Collected data entries
┄┄┄┄┄┄┄┄┄┄
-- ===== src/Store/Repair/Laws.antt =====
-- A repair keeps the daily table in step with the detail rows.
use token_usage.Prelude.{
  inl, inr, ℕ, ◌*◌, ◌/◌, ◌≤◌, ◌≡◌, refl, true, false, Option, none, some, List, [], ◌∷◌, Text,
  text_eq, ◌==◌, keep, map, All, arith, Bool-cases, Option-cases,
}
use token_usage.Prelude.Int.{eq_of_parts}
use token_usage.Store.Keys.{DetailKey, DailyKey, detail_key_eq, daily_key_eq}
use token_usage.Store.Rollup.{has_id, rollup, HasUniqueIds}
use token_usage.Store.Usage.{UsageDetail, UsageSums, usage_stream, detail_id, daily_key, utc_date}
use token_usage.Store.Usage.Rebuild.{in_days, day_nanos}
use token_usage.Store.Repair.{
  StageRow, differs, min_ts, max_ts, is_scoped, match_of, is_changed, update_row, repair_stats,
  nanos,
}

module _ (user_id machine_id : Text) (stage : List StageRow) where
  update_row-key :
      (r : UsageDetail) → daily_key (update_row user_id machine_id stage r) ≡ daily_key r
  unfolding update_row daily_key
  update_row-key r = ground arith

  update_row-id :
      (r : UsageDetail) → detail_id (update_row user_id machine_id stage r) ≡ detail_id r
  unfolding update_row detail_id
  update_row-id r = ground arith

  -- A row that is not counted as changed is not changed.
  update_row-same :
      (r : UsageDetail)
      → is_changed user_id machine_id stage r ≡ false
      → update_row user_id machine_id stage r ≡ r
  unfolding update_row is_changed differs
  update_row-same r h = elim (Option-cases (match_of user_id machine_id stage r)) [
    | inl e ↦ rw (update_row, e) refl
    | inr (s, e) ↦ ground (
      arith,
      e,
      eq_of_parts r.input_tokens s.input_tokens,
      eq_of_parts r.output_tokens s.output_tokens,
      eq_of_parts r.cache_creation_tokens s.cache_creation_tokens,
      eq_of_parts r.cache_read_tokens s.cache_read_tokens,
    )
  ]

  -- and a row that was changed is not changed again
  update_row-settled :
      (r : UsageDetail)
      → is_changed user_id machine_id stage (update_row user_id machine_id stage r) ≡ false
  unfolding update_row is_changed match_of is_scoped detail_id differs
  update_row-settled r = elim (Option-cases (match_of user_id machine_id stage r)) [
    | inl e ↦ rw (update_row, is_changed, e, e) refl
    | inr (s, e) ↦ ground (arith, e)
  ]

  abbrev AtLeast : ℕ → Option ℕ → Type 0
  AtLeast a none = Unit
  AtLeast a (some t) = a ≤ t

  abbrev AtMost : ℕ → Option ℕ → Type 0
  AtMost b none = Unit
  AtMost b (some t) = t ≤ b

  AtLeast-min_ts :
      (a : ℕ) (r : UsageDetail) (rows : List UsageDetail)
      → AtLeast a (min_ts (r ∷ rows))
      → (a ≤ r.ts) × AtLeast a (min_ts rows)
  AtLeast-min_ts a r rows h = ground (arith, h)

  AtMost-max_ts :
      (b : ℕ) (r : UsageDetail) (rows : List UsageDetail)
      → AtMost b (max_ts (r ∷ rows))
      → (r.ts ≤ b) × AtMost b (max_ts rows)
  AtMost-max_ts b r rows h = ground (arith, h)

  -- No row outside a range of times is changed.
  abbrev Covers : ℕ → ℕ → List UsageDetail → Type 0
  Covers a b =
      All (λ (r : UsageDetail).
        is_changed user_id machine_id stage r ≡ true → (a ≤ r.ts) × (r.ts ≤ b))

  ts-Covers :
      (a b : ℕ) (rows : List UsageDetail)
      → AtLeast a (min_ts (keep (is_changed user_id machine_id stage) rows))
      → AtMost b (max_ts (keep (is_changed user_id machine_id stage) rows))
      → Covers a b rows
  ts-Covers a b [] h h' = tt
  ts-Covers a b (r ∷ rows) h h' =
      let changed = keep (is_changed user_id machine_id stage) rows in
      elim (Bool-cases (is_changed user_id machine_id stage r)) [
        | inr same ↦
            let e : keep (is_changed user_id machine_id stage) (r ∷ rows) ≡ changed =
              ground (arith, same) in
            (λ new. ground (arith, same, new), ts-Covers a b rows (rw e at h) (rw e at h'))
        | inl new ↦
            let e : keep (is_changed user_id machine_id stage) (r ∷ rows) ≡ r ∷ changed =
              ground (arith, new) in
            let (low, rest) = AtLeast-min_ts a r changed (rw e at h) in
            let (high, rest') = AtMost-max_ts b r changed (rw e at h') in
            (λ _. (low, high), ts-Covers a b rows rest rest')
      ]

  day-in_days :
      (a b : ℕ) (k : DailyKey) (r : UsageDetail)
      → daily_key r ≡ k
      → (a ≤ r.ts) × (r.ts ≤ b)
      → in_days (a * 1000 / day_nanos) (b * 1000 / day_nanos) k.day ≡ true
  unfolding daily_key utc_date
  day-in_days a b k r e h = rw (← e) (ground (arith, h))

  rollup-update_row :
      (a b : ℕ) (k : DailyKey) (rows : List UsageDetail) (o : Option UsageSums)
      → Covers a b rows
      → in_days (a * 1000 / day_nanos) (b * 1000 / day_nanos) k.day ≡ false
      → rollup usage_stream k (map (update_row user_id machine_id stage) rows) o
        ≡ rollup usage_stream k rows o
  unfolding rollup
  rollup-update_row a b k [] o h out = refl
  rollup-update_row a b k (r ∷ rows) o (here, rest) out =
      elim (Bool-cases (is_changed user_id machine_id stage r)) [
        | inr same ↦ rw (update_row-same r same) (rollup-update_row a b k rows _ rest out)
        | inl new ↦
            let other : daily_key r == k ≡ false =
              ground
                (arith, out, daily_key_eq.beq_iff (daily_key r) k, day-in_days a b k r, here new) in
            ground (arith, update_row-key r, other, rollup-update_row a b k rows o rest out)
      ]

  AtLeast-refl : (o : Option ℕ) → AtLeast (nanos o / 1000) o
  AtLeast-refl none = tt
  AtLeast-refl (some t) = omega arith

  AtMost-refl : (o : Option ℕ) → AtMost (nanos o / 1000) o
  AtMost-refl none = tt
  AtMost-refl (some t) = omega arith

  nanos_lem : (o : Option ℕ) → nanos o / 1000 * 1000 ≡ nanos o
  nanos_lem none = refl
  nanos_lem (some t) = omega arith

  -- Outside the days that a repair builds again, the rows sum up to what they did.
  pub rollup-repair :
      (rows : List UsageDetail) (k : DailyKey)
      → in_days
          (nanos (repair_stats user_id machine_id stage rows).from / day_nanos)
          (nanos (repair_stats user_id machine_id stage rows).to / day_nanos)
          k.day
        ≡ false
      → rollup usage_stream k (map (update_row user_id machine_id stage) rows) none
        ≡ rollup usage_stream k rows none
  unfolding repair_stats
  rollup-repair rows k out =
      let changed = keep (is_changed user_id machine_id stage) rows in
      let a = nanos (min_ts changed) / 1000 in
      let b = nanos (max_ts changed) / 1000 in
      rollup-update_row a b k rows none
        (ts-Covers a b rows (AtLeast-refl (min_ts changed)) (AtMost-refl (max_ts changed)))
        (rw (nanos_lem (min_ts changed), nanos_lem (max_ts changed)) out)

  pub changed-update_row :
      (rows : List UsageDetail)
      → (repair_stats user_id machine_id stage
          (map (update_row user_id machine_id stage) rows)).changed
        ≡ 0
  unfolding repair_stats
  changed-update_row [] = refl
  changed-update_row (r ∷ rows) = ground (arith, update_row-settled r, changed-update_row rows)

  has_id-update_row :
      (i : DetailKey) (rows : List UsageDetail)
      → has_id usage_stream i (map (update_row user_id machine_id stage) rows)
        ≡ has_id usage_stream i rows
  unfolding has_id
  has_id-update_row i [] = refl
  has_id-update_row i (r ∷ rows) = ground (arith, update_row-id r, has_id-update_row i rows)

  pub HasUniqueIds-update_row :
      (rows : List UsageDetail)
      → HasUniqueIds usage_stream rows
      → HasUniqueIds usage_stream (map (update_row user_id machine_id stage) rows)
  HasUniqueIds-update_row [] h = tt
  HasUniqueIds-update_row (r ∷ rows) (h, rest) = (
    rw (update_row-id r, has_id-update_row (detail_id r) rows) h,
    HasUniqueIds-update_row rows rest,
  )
┄┄┄┄┄┄┄┄┄┄
What you are asked to do
Check each line above for the word "none" and copy the ones that have it.

Your solution
  inl, inr, ℕ, ◌*◌, ◌/◌, ◌≤◌, ◌≡◌, refl, true, false, Option, none, some, List, [], ◌∷◌, Text,
  AtLeast a none = Unit
  AtMost b none = Unit
  AtLeast-refl none = tt
  AtMost-refl none = tt
  nanos_lem none = refl
      → rollup usage_stream k (map (update_row user_id machine_id stage) rows) none
        ≡ rollup usage_stream k rows none
      rollup-update_row a b k rows none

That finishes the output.